I think what you were trying to say is that O(n) algorithms run in constant time (or "fast enough") given a constant input size. But in that case, O notation is meaningless because when we use it, we specifically care about what happens at infinity.
Also, O(1) isn't synonymous with "fast enough"; constant factors can matter a lot. For example, the "fastest" (Big O wise) matrix multiply algorithm has such a large constant factor that using it is not feasible for matrices that fit on today's computers. https://en.wikipedia.org/wiki/Coppersmith%E2%80%93Winograd_a...
I think you confused some definitions, what you are saying sometimes applies for O(constant), for example you can consider O(57) to be O(1), if the number "57" never changes even though the input size changes.
O(n) by defition means that execution time grows lineary with input size.

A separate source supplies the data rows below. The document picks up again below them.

-- ===== src/Exfs/Write.antt =====
-- source/core/exfs/exfs.c: `exfs_write`. What the static and local arrays of a call held before is
-- `junk`, a parameter of `pool_reserve`.
use xasmos.Base.{
  ℕ, zero, suc, ◌+◌, ◌-◌, ◌/◌, Bool, true, false, not, Option, none, some, ltb, ◌==◌, if◌then◌else◌,
  add32, add64, update,
}
use xasmos.Block.Device.{Buffer}
use xasmos.Exfs.Format.{Page, block_size}
use xasmos.Exfs.Volume.{
  ExfsStatus, exfs_ok, is_success, enoent, enospc, eio, enofs, ebroken, enomem, eisdir, ExfsExtent,
  Nodes, Volume, max_ext, defer_max, type_file, set_file, blk_put, take_extent, release_fresh,
}
use xasmos.Exfs.Pool.{Slice, pool_reserve, pool_release}
use xasmos.Exfs.Inodes.{defer_file}
use xasmos.Exfs.Names.{NodeName, find}

abbrev pub set_nodes {ℓ} : {D : Type ℓ} → Nodes → Volume D → Volume D
set_nodes s v = record v { nodes = s }

-- V.fresh[nf] = e
abbrev pub add_fresh {ℓ} : {D : Type ℓ} → ℕ → ExfsExtent → Volume D → Volume D
add_fresh nf e v = record v { nodes = record v.nodes { fresh = update v.nodes.fresh nf e } }

-- The loop that takes fresh blocks, with `left` the free cells of `V.fresh`: the status, `nf`, and the
-- volume. The local `e` is overwritten before it is read.
unfoldable pub take_fresh {ℓ} : {D : Type ℓ} → ℕ → ℕ → ℕ → ℕ → Volume D → ExfsStatus × ℕ × Volume D
take_fresh zero nf taken need v = if ltb taken need then (enomem, nf, v) else (exfs_ok, nf, v)
take_fresh (suc left) nf taken need v =
    let (l, e, v') = take_extent (need - taken) (record { start = 0; len = 0 }) v in
    let rest = take_fresh left (nf + 1) (add64 taken l) need (add_fresh nf e v') in
    if not (ltb taken need) then (exfs_ok, nf, v) else if l == 0 then (enospc, nf, v') else rest

abbrev pub min_of : ℕ → ℕ → ℕ
min_of a b = if ltb a b then a else b

-- The page of `n` bytes from `buf`, filled up with zeros.
unfoldable pub fill_page : ℕ → ℕ → Buffer → Page → Page
fill_page n pos buf p j = if ltb j block_size then (if ltb j n then buf (pos + j) else 0) else p j

-- The inner loop over one fresh run: `src - buf` and `left` come in and go out.
unfoldable pub write_run {ℓ} :
    {D : Type ℓ} → ℕ → ℕ → ℕ → Buffer → ℕ → ℕ → Volume D → Bool × ℕ × ℕ × Volume D
write_run zero k start buf pos left v = (true, pos, left, v)
write_run (suc m) k start buf pos left v =
    let n = min_of left block_size in
    let page = fill_page n pos buf v.page in
    let (wrote, v') = blk_put (add64 start k) page (record v { page = page }) in
    let rest = write_run m (k + 1) start buf (pos + n) (left - n) v' in
    if wrote then rest else (false, pos, left, v')

-- The outer loop over the fresh runs.
unfoldable pub write_runs {ℓ} : {D : Type ℓ} → ℕ → ℕ → Buffer → ℕ → ℕ → Volume D → Bool × Volume D
write_runs zero i buf pos left v = (true, v)
write_runs (suc n) i buf pos left v =
    let e = v.nodes.fresh i in
    let (wrote, pos', left', v') = write_run e.len 0 e.start buf pos left v in
    let rest = write_runs n (i + 1) buf pos' left' v' in if wrote then rest else (false, v')

-- for (i = 0; i < nf; i++) V.pool[roff + i] = from[i]
abbrev pub move_extents : ℕ → ℕ → (ℕ → ExfsExtent) → Nodes → Nodes
move_extents roff nf from s = record s {
  pool =
      λ j. if ltb j roff then s.pool j else if ltb j (roff + nf) then from (j - roff) else s.pool j;
}

-- The change in memory. The status of `defer_file` is ignored.
unfoldable pub replace_content : ℕ → Slice → ℕ → ℕ → Nodes → Nodes
replace_content i slice nf len s =
    let moved = move_extents slice.off nf s.fresh (defer_file i s).1 in
    record (set_file i
      (record (moved.files i) {
        ext_off = slice.off;
        ext_cap = slice.cap;
        n = nf;
        size = len;
        dirty = true;
      })
      moved) { dirty = true }

abbrev pub undo_slice {ℓ} : {D : Type ℓ} → Slice → ℕ → Volume D → Volume D
undo_slice slice nf v = release_fresh nf (set_nodes (pool_release slice.off slice.cap v.nodes) v)

unfoldable pub write_slice {ℓ} :
    {D : Type ℓ} → ℕ → ℕ → Buffer → ℕ → Option Slice → Volume D → ExfsStatus × Volume D
write_slice i nf buf len none v = (enomem, release_fresh nf v)
write_slice i nf buf len (some slice) v =
    let (wrote, v') = write_runs nf 0 buf 0 len v in
    if not wrote
    then (eio, undo_slice slice nf v')
    else (exfs_ok, set_nodes (replace_content i slice nf len v'.nodes) v')

-- The part after the fresh blocks are taken.
unfoldable pub write_taken {ℓ} :
    {D : Type ℓ} → (ℕ → ℕ) → ℕ → ℕ → Buffer → ℕ → Volume D → ExfsStatus × Volume D
write_taken junk i nf buf len v =
    let f = v.nodes.files i in
    let (slice, s) = pool_reserve junk nf v.nodes in
    let rest = write_slice i nf buf len slice (set_nodes s v) in
    if ltb defer_max (add32 (add32 v.nodes.ndefer f.n) f.nchain)
    then (enomem, release_fresh nf v)
    else rest

abbrev pub blocks_needed : ℕ → ℕ
blocks_needed len = add64 len (block_size - 1) / block_size

unfoldable pub write_file {ℓ} :
    {D : Type ℓ} → (ℕ → ℕ) → ℕ → Buffer → ℕ → Volume D → ExfsStatus × Volume D
write_file junk i buf len v =
    let (rc, nf, v') = take_fresh max_ext 0 0 (blocks_needed len) v in
    if is_success rc then write_taken junk i nf buf len v' else (rc, release_fresh nf v')

unfoldable pub write_found {ℓ} :
    {D : Type ℓ} → (ℕ → ℕ) → Option ℕ → Buffer → ℕ → Volume D → ExfsStatus × Volume D
write_found junk none buf len v = (enoent, v)
write_found junk (some i) buf len v =
    if not ((v.nodes.files i).type == type_file) then (eisdir, v) else write_file junk i buf len v

unfoldable pub exfs_write {ℓ} :
    {D : Type ℓ} → (ℕ → ℕ) → NodeName → Buffer → ℕ → Volume D → ExfsStatus × Volume D
exfs_write junk name buf len v =
    if not v.mounted
    then (enofs, v)
    else if v.broken
    then (ebroken, v)
    else write_found junk (find name v.nodes.files) buf len v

> Snowpack is a O(1) build system… Every file goes through a linear input -> build -> output build pipeline
Seems like O(n) to me?
> Snowpack starts up in less than 50ms. That’s no typo: 50 milliseconds or less. On your very first page load, Snowpack builds your first requested files and then caches them for future use
So you can open a socket in 50ms? Seems disingenuous to imply anything takes 50ms when really you’re just waiting until the first request to do anything.
Looks like an interesting project though.